O motivo central do discurso profético é o ataque à
corrupção religiosa e social, vista como prenúncio
de graves problemas para a nação. Na perspectiva, porém,
do castigo anunciado, surge sempre a esperança de uma futura conversão,
e da eterna fidelidade de Deus a sua aliança com Israel, garantia
de felicidade perene, na era messiânica.
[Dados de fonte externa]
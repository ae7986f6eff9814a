-- ===== src/Outbox/Stored.antt =====
-- What `persistCriticalQueue` writes, `loadCriticalQueue` reads back.
use mathlib.Core.List.{append_assoc}
use forge_key.Prelude.{
  ltb→lt, subst, ◌⊎◌, ℕ, zero, suc, ◌+◌, ◌≤◌, ◌<◌, ◌≡◌, ◌≢◌, refl, sym, ap, ◌∙◌, true, false, List,
  [], ◌∷◌, ◌++◌, map, arith, ltb, lt→ltb, length, All, take, some, Bool-cases, inl, inr,
  if◌then◌else◌, length-append,
}
use forge_key.Outbox.Message.{Message}
use forge_key.Outbox.Flash.{
  NvsApi, NvsLaws, key, count_key, write_entry, write_entries, persist_critical_queue, read_entry,
  load_entries, load_critical_queue,
}
use forge_key.Outbox.Priority.{criticals, length-criticals}

key-ne_index : (a b i j : ℕ) → i < 10 → j < 10 → i ≢ j → key a i ≢ key b j
unfolding key
key-ne_index a b i j hi hj h e = h (ground arith)

key-ne_letter : (a b i j : ℕ) → a ≢ b → key a i ≢ key b j
unfolding key
key-ne_letter a b i j h e = h (ground arith)

key-ne-count_key : (a i : ℕ) → a ≢ b'c' → key a i ≢ count_key
unfolding key
key-ne-count_key a i h e = h (ground arith)

-- A message as a reboot restores it.
abbrev pub restarted : Message → Message
restarted m = record m { critical = true; next_attempt_ms = 0; attempts = 0 }

-- What fits the buffers that the load reads into.
pub record Fits (m : Message) : Type 0 where
  pub topic_fits : length m.topic < 160
  pub payload_fits : length m.payload < 768

module _ {Flash : Type 0} (api : NvsApi Flash) (laws : NvsLaws api) where
  -- Two stored states that agree on one entry.
  record SameEntry (i : ℕ) (f g : Flash) : Type 0 where
    topics : (size : ℕ) → api.get_str (key b't' i) size f ≡ api.get_str (key b't' i) size g
    payloads : (size : ℕ) → api.get_str (key b'p' i) size f ≡ api.get_str (key b'p' i) size g
    retains : api.get_u8 (key b'r' i) f ≡ api.get_u8 (key b'r' i) g

  read_entry-SameEntry :
      (i : ℕ) (f g : Flash) → SameEntry i f g → read_entry api i f ≡ read_entry api i g
  unfolding read_entry
  read_entry-SameEntry i f g h = ground (arith, h.topics 160, h.payloads 768, h.retains)

  SameEntry-refl : (i : ℕ) (f : Flash) → SameEntry i f f
  SameEntry-refl i f = record { topics = λ size. refl; payloads = λ size. refl; retains = refl }

  SameEntry-trans : (i : ℕ) (f g h : Flash) → SameEntry i f g → SameEntry i g h → SameEntry i f h
  SameEntry-trans i f g h p q = record {
    topics = λ size. p.topics size ∙ q.topics size;
    payloads = λ size. p.payloads size ∙ q.payloads size;
    retains = p.retains ∙ q.retains;
  }

  write_entry-SameEntry :
      (i j : ℕ) (m : Message) (f : Flash)
      → i < 10
      → j < 10
      → i ≢ j
      → SameEntry i (write_entry api j m f) f
  unfolding write_entry
  write_entry-SameEntry i j m f hi hj ne = record {
    topics = λ size. text b't' size;
    payloads = λ size. text b'p' size;
    retains = byte;
  }
    where
      other : (a b : ℕ) → key a i ≢ key b j
      other a b = key-ne_index a b i j hi hj ne

      text :
          (a size : ℕ)
          → api.get_str (key a i) size (write_entry api j m f) ≡ api.get_str (key a i) size f
      text a size =
          laws.get_str-set_u8 _ _ _ size _ (other a b'r')
          ∙ laws.get_str-set_str_ne _ _ _ size _ (other a b'p')
          ∙ laws.get_str-set_str_ne _ _ _ size _ (other a b't')

      byte : api.get_u8 (key b'r' i) (write_entry api j m f) ≡ api.get_u8 (key b'r' i) f
      byte =
          laws.get_u8-set_u8_ne _ _ _ _ (other b'r' b'r')
          ∙ laws.get_u8-set_str _ _ _ _ (other b'r' b'p')
          ∙ laws.get_u8-set_str _ _ _ _ (other b'r' b't')

  -- An entry that was written reads back as a reboot restores it.
  read_entry-write_entry :
      (i : ℕ) (m : Message) (f : Flash)
      → m.critical ≡ true
      → Fits m
      → read_entry api i (write_entry api i m f) ≡ some (restarted m)
  unfolding read_entry write_entry
  read_entry-write_entry i m f c fits = ground (arith, topic, payload, retain)
    where
      f1 : Flash
      f1 = api.set_str (key b't' i) m.topic f

      f2 : Flash
      f2 = api.set_str (key b'p' i) m.payload f1

      flag : ℕ
      flag = if m.retain then 1 else 0

      topic : api.get_str (key b't' i) 160 (api.set_u8 (key b'r' i) flag f2) ≡ some m.topic
      topic =
          laws.get_str-set_u8 _ _ _ 160 _ (key-ne_letter b't' b'r' i i (omega arith))
          ∙ laws.get_str-set_str_ne _ _ _ 160 _ (key-ne_letter b't' b'p' i i (omega arith))
          ∙ laws.get_str-set_str _ _ 160 _ fits.topic_fits

      payload : api.get_str (key b'p' i) 768 (api.set_u8 (key b'r' i) flag f2) ≡ some m.payload
      payload =
          laws.get_str-set_u8 _ _ _ 768 _ (key-ne_letter b'p' b'r' i i (omega arith))
          ∙ laws.get_str-set_str _ _ 768 _ fits.payload_fits

      retain : api.get_u8 (key b'r' i) (api.set_u8 (key b'r' i) flag f2) ≡ some flag
      retain = laws.get_u8-set_u8 _ _ _

  write_entries-SameEntry :
      (ms : List Message) (i p : ℕ) (f : Flash)
      → i < p
      → p + length ms ≤ 8
      → SameEntry i (write_entries api p ms f).0 f
  unfolding write_entries
  write_entries-SameEntry [] i p f h room = SameEntry-refl i f
  write_entries-SameEntry (m ∷ ms) i p f h room =
      let fits : ltb p 8 ≡ true = lt→ltb p 8 (omega arith) in
      elim (Bool-cases m.critical) [
        | inr c ↦ simp (fits, c) (write_entries-SameEntry ms i p f h (omega arith))
        | inl c ↦
            simp (fits, c)
              (SameEntry-trans i _ _ _
                (write_entries-SameEntry ms i (suc p) (write_entry api p m f) (omega arith)
                  (omega arith))
                (write_entry-SameEntry i p m f (omega arith) (omega arith) (omega arith)))
      ]

  -- `persisted` counts the critical messages.
  write_entries-count :
      (ms : List Message) (p : ℕ) (f : Flash)
      → p + length ms ≤ 8
      → (write_entries api p ms f).1 ≡ p + length (criticals ms)
  unfolding write_entries
  write_entries-count [] p f room = omega arith
  write_entries-count (m ∷ ms) p f room =
      ground
        (arith, write_entries-count ms p f, write_entries-count ms (suc p) (write_entry api p m f))

-- A list that fits is its own prefix, and one that fills the room ends it.
pub take-append_fit : (n : ℕ) (q : List Message) → length q ≤ n → take n (q ++ []) ≡ q
take-append_fit zero [] h = refl
take-append_fit zero (x ∷ q) h = absurd (omega arith)
take-append_fit (suc n) [] h = refl
take-append_fit (suc n) (x ∷ q) h = ap (◌∷◌ x) (take-append_fit n q (omega arith))

take-append_full : (n : ℕ) (q r : List Message) → length q ≡ n → take n (q ++ r) ≡ q
take-append_full zero [] r h = refl
take-append_full zero (x ∷ q) r h = absurd (omega arith)
take-append_full (suc n) [] r h = absurd (omega arith)
take-append_full (suc n) (x ∷ q) r h = ap (◌∷◌ x) (take-append_full n q r (omega arith))

criticals-cons :
    (m : Message) (ms : List Message) → m.critical ≡ true → criticals (m ∷ ms) ≡ m ∷ criticals ms
criticals-cons m ms c = ground arith

criticals-cons_skip :
    (m : Message) (ms : List Message) → m.critical ≡ false → criticals (m ∷ ms) ≡ criticals ms
criticals-cons_skip m ms c = ground arith

module _ {Flash : Type 0} (api : NvsApi Flash) (laws : NvsLaws api) where
  write_entries-cons :
      (m : Message) (ms : List Message) (p : ℕ) (f : Flash)
      → p < 8
      → m.critical ≡ true
      → write_entries api p (m ∷ ms) f ≡ write_entries api (suc p) ms (write_entry api p m f)
  unfolding write_entries
  write_entries-cons m ms p f h c = simp (lt→ltb p 8 h, c)

  write_entries-cons_skip :
      (m : Message) (ms : List Message) (p : ℕ) (f : Flash)
      → p < 8
      → m.critical ≡ false
      → write_entries api p (m ∷ ms) f ≡ write_entries api p ms f
  unfolding write_entries
  write_entries-cons_skip m ms p f h c = simp (lt→ltb p 8 h, c)

  load_entries-suc :
      (n p : ℕ) (g : Flash) (q : List Message) (m : Message)
      → length q ≤ 8
      → read_entry api p g ≡ some m
      → ((length q < 8)
          × (load_entries api (suc n) p g q ≡ load_entries api n (suc p) g (q ++ m ∷ [])))
        ⊎ ((length q ≡ 8) × (load_entries api (suc n) p g q ≡ q))
  unfolding load_entries
  load_entries-suc n p g q m h e = elim (Bool-cases (ltb (length q) 8)) [
    | inl room ↦ inl (ltb→lt _ 8 room, rw (room, e))
    | inr full ↦ inr (ground arith, rw full)
  ]

  -- Reading back the entries that were written, from any state that agrees with what was written.
  load-write_entries :
      (ms : List Message) (p : ℕ) (f g : Flash) (q : List Message)
      → p + length ms ≤ 8
      → length q ≤ 8
      → All Fits (criticals ms)
      → ((i : ℕ) → SameEntry api laws i g (write_entries api p ms f).0)
      → load_entries api (length (criticals ms)) p g q ≡ take 8 (q ++ map restarted (criticals ms))
  unfolding load_entries
  load-write_entries [] p f g q room fit fits same = sym (take-append_fit 8 q fit)
  load-write_entries (m ∷ ms) p f g q room fit fits same = elim (Bool-cases m.critical) [
    | inr c ↦
        let skipped = criticals-cons_skip m ms c in
        rw skipped (
          load-write_entries ms p f g q (omega arith) fit (subst (All Fits) skipped fits) (λ i.
            subst (λ t. SameEntry api laws i g t.0)
              (write_entries-cons_skip m ms p f (omega arith) c) (same i)))
    | inl c ↦
        let taken = criticals-cons m ms c in
        let stored = write_entries-cons m ms p f (omega arith) c in
        let fits' : All Fits (m ∷ criticals ms) = subst (All Fits) taken fits in
        let same' : (i : ℕ)
            → SameEntry api laws i g (write_entries api (suc p) ms (write_entry api p m f)).0 =
          λ i. subst (λ t. SameEntry api laws i g t.0) stored (same i) in
        let read : read_entry api p g ≡ some (restarted m) =
          read_entry-SameEntry api laws p _ _ (
            SameEntry-trans api laws p _ _ _ (same' p)
              (write_entries-SameEntry api laws ms p (suc p) _ (omega arith) (omega arith)))
          ∙ read_entry-write_entry api laws p m f c fits'.0 in
        rw taken (elim (load_entries-suc (length (criticals ms)) p g q (restarted m) fit read) [
          | inr (full, e) ↦ e ∙ sym (take-append_full 8 q _ full)
          | inl (space, e) ↦
              e
              ∙ load-write_entries ms (suc p) (write_entry api p m f) g (q ++ restarted m ∷ [])
                  (omega arith) (omega (arith, length-append q (restarted m ∷ []))) fits'.1 same'
              ∙ ap (take 8) (append_assoc q (restarted m ∷ []) (map restarted (criticals ms)))
        ])
  ]

  abbrev finished : List Message → Flash → Flash
  finished ms f =
      let (stored, persisted) = write_entries api 0 ms (api.erase_all f) in
      api.commit (api.set_u8 count_key persisted stored)

  persist_critical_queue-opens :
      (ms : List Message) (f : Flash) → persist_critical_queue api ms f ≡ finished ms f
  unfolding persist_critical_queue
  persist_critical_queue-opens ms f = rw (laws.opens_rw_lem f)

  finished-SameEntry :
      (ms : List Message) (f : Flash) (i : ℕ)
      → SameEntry api laws i (finished ms f) (write_entries api 0 ms (api.erase_all f)).0
  finished-SameEntry ms f i = record {
    topics = λ size.
        laws.get_str-commit _ size _
        ∙ laws.get_str-set_u8 _ _ _ size _ (key-ne-count_key b't' i (omega arith));
    payloads = λ size.
        laws.get_str-commit _ size _
        ∙ laws.get_str-set_u8 _ _ _ size _ (key-ne-count_key b'p' i (omega arith));
    retains =
        laws.get_u8-commit _ _
        ∙ laws.get_u8-set_u8_ne _ _ _ _ (key-ne-count_key b'r' i (omega arith));
  }

  load_critical_queue-opens :
      (f : Flash) (q : List Message) (n : ℕ)
      → api.get_u8 count_key f ≡ some n
      → n ≤ 8
      → load_critical_queue api f q ≡ load_entries api n 0 f q
  unfolding load_critical_queue
  load_critical_queue-opens f q n e h = ground (arith, laws.opens_ro_lem f)

  -- What is persisted of a queue of at most eight entries, a load adds to the queue in memory: the
  -- critical entries in their order, due at once, as far as there is room. The critical entries
  -- fit the load's buffers, and the flash takes its writes.
  pub load-persist :
      (ms : List Message) (f : Flash) (q : List Message)
      → length ms ≤ 8
      → length q ≤ 8
      → All Fits (criticals ms)
      → load_critical_queue api (persist_critical_queue api ms f) q
        ≡ take 8 (q ++ map restarted (criticals ms))
  load-persist ms f q hm hq fits =
      let count = write_entries-count api laws ms 0 (api.erase_all f) (omega arith) in
      let stored : api.get_u8 count_key (finished ms f) ≡ some (length (criticals ms)) =
        laws.get_u8-commit _ _ ∙ laws.get_u8-set_u8 _ _ _ ∙ ap some (omega (arith, count)) in
      rw (persist_critical_queue-opens ms f) (
        load_critical_queue-opens _ q _ stored (omega (arith, length-criticals ms))
        ∙ load-write_entries ms 0 (api.erase_all f) _ q (omega arith) hq fits
            (finished-SameEntry ms f))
As declarações
dos profetas eram inicialmente verbais, mas a partir do século VIII
a.C. passaram a contar com registros escritos.
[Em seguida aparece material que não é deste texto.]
-- ===== src/Raft/Leadership.antt =====
-- What becomes of a leader and of its log while its term lasts.
use lightkv.Prelude.{
  ℕ, ◌+◌, ◌≤◌, ◌<◌, List, [], ◌∷◌, ◌++◌, ltb, ◌≡◌, inl, inr, refl, sym, ap, ◌∙◌, arith, Bool-cases,
  append-nil, append_assoc,
}
use lightkv.Raft.{
  follower, candidate, leader, command, conf_change, LogEntry, Node, save, last_log_index,
  become_follower, become_candidate, become_leader, propose,
}
use lightkv.Raft.Replication.{
  AppendRequest, AppendResponse, handle_append_entries, handle_append_response,
}
use lightkv.Raft.Election.{VoteRequest, decide_vote, handle_request_vote}
use lightkv.Raft.Snapshot.{change_peer, digits, add_peer, remove_peer}
use lightkv.Raft.Durable.{handle_append_entries-Settled, handle_append_entries_stale}
use lightkv.Raft.Votes.{Decision, keeps, votes, stale, newer, same, handling}
use lightkv.Raft.Steps.{
  Step, append_entries, request_vote, proposal, timeout, won, answer, later_term, commit, adds,
  removes, Reach, here, next, advance_commit_index_shape, follows, runs, leading, Role-cases,
  answer_behind, answer_shape,
}

-- What a node is to one that led in the term of `n`.
pub data Since (n m : Node) : Type 0 where
  moved : n.current_term < m.current_term → Since n m
  down : m.current_term ≡ n.current_term → m.role ≡ follower → Since n m
  leads :
      m.current_term ≡ n.current_term
      → m.role ≡ leader
      → (suffix : List LogEntry) → m.log ≡ n.log ++ suffix
      → Since n m

-- What one call does to term, role and log.
data Effect (m k : Node) : Type 0 where
  raises : m.current_term < k.current_term → Effect m k
  demotes : k.current_term ≡ m.current_term → k.role ≡ follower → Effect m k
  elects : k.current_term ≡ m.current_term → m.role ≡ candidate → Effect m k
  extends :
      k.current_term ≡ m.current_term
      → k.role ≡ m.role
      → (suffix : List LogEntry) → k.log ≡ m.log ++ suffix
      → Effect m k

unchanged :
    {m k : Node} → k.current_term ≡ m.current_term → k.role ≡ m.role → k.log ≡ m.log → Effect m k
unchanged {m} t r l = extends t r [] (l ∙ sym (append-nil m.log))

append_entries-Effect : (req : AppendRequest) (n : Node) → Effect n (handle_append_entries req n).0
append_entries-Effect req n = elim (Bool-cases (ltb req.term n.current_term)) [
  | inl behind ↦ rw (handle_append_entries_stale req n behind) (unchanged refl refl refl)
  | inr fresh ↦
      let s = handle_append_entries-Settled req n (ground arith) in
      elim (Bool-cases (ltb n.current_term req.term)) [
        | inl ahead ↦ raises (ground (arith, s.in_term))
        | inr level ↦ demotes (ground (arith, s.in_term)) s.in_role
      ]
]

decided-same :
    (old_term : ℕ) (req : VoteRequest) (n : Node)
    → Decision req old_term n
    → ((decide_vote req old_term n).0.current_term ≡ n.current_term)
      × ((decide_vote req old_term n).0.role ≡ n.role)
      × ((decide_vote req old_term n).0.log ≡ n.log)
unfolding save
decided-same old_term req n (keeps e) = rw e (refl, refl, refl)
decided-same old_term req n (votes free new_enough e) = rw e (refl, refl, refl)

request_vote-Effect : (req : VoteRequest) (n : Node) → Effect n (handle_request_vote req n).0
unfolding become_follower
request_vote-Effect req n = elim (handling req n) [
  | stale h e ↦ rw e (unchanged refl refl refl)
  | newer h d e ↦ let (t, r, l) = decided-same n.current_term req _ d in rw e (raises (rw t h))
  | same h d e ↦ let (t, r, l) = decided-same n.current_term req n d in rw e (unchanged t r l)
]

propose-Effect : (payload : List ℕ) (n : Node) → Effect n (propose payload n).1
unfolding propose save
propose-Effect payload n = elim (Role-cases n.role) [
  | leading led ↦
      let e : LogEntry = record {
        index = last_log_index n + 1;
        term = n.current_term;
        type = command;
        payload = payload;
      } in
      rw (led, propose) (extends refl led (e ∷ []) refl)
  | follows r ↦ rw (r, propose) (unchanged {m = record n { role = follower }} {k = n} refl r refl)
  | runs r ↦ rw (r, propose) (unchanged {m = record n { role = candidate }} {k = n} refl r refl)
]

change_peer-Effect :
    (tag : List ℕ) (peer_node_id : ℕ) (n : Node) → Effect n (change_peer tag peer_node_id n).1
unfolding change_peer save
change_peer-Effect tag peer_node_id n = elim (Role-cases n.role) [
  | leading led ↦
      let e : LogEntry = record {
        index = last_log_index n + 1;
        term = n.current_term;
        type = conf_change;
        payload = tag ++ digits 20 peer_node_id;
      } in
      rw (led, change_peer) (extends refl led (e ∷ []) refl)
  | follows r ↦
      rw (r, change_peer) (unchanged {m = record n { role = follower }} {k = n} refl r refl)
  | runs r ↦ rw (r, change_peer) (unchanged {m = record n { role = candidate }} {k = n} refl r refl)
]

answer-Effect :
    (i : ℕ) (req : AppendRequest) (resp : AppendResponse) (n : Node)
    → Effect n (handle_append_response i req resp n)
unfolding become_follower
answer-Effect i req resp n = elim (Bool-cases (ltb n.current_term resp.term)) [
  | inl behind ↦ rw (answer_behind i req resp n behind) (raises (ground arith))
  | inr level ↦
      let (nexts, matches, e) = answer_shape i req resp n level in rw e (unchanged refl refl refl)
]

Step-Effect : {m k : Node} → Step m k → Effect m k
unfolding become_candidate become_follower become_leader add_peer remove_peer
Step-Effect (append_entries req n) = append_entries-Effect req n
Step-Effect (request_vote req n) = request_vote-Effect req n
Step-Effect (proposal payload n) = propose-Effect payload n
Step-Effect (timeout n) = raises (omega arith)
Step-Effect (won n run) = elects refl run
Step-Effect (answer i req resp n) = answer-Effect i req resp n
Step-Effect (later_term term n h) = raises h
Step-Effect (commit n) =
    let (c, l, out, e) = advance_commit_index_shape n in rw e (unchanged refl refl refl)
Step-Effect (adds peer_node_id n) = change_peer-Effect _ peer_node_id n
Step-Effect (removes peer_node_id n) = change_peer-Effect _ peer_node_id n

Effect-Since : {n m k : Node} → Since n m → Effect m k → Since n k
Effect-Since (moved h) (raises g) = moved (omega arith)
Effect-Since (moved h) (demotes t r) = moved (omega arith)
Effect-Since (moved h) (elects t r) = moved (omega arith)
Effect-Since (moved h) (extends t r suffix l) = moved (omega arith)
Effect-Since (down s f) (raises g) = moved (omega arith)
Effect-Since (down s f) (demotes t r) = down (t ∙ s) r
Effect-Since (down s f) (elects t r) = absurd (ground arith)
Effect-Since (down s f) (extends t r suffix l) = down (t ∙ s) (r ∙ f)
Effect-Since (leads s f suffix e) (raises g) = moved (omega arith)
Effect-Since (leads s f suffix e) (demotes t r) = down (t ∙ s) r
Effect-Since (leads s f suffix e) (elects t r) = absurd (ground arith)
Effect-Since {n} (leads s f suffix e) (extends t r more l) =
    leads (t ∙ s) (r ∙ f) (suffix ++ more)
      (l ∙ ap (λ x. x ++ more) e ∙ append_assoc n.log suffix more)

Reach-Since : {n m : Node} → n.role ≡ leader → Reach n m → Since n m
Reach-Since {n} led here = leads refl led [] (sym (append-nil n.log))
Reach-Since led (next r step) = Effect-Since (Reach-Since led r) (Step-Effect step)

-- A node that leads, and leads in the same term after any sequence of AppendEntries, RequestVote,
-- Propose, election timeouts, won elections, answers to AppendEntries, later terms,
-- AdvanceCommitIndex, AddPeer and RemovePeer, has only appended to its log. The calls that take or
-- install a snapshot, which cut the log, are not among them.
pub leader_append_only :
    (n m : Node)
    → n.role ≡ leader
    → Reach n m
    → m.role ≡ leader
    → m.current_term ≡ n.current_term
    → (suffix : List LogEntry) × (m.log ≡ n.log ++ suffix)
leader_append_only n m led r leads_still same_term = elim (Reach-Since led r) [
  | moved h ↦ absurd (omega arith)
  | down t f ↦ absurd (ground arith)
  | leads t f suffix e ↦ (suffix, e)
]

Effect-term : {m k : Node} → Effect m k → m.current_term ≤ k.current_term
Effect-term (raises g) = omega arith
Effect-term (demotes t r) = omega arith
Effect-term (elects t r) = omega arith
Effect-term (extends t r suffix l) = omega arith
O profeta, como homem que tem uma comunicação
direta e imediata com Deus, recebe a revelação de seus desígnios,
que julga o presente e prevê o futuro, e é enviado por Deus
para conduzir os homens a seu amor. É por essas características
que se considera Moisés o primeiro profeta, o maior de todos, que
inaugura a linhagem dos herdeiros de seu dom, a começar por seu
sucessor, Josué. O Antigo Testamento apresenta os profetas em duas
grandes divisões: os maiores e os menores. No primeiro grupo figuram
Isaías, Jeremias, Ezequiel e Daniel. Os profetas menores, assim
chamados não por serem considerados de menor importância,
mas pela pouca extensão de seus escritos, são Oséias,
Joel, Amós, Abdias, Jonas, Miquéias, Naum, Habacuc, Sofonias,
Ageu, Zacarias e Malaquias.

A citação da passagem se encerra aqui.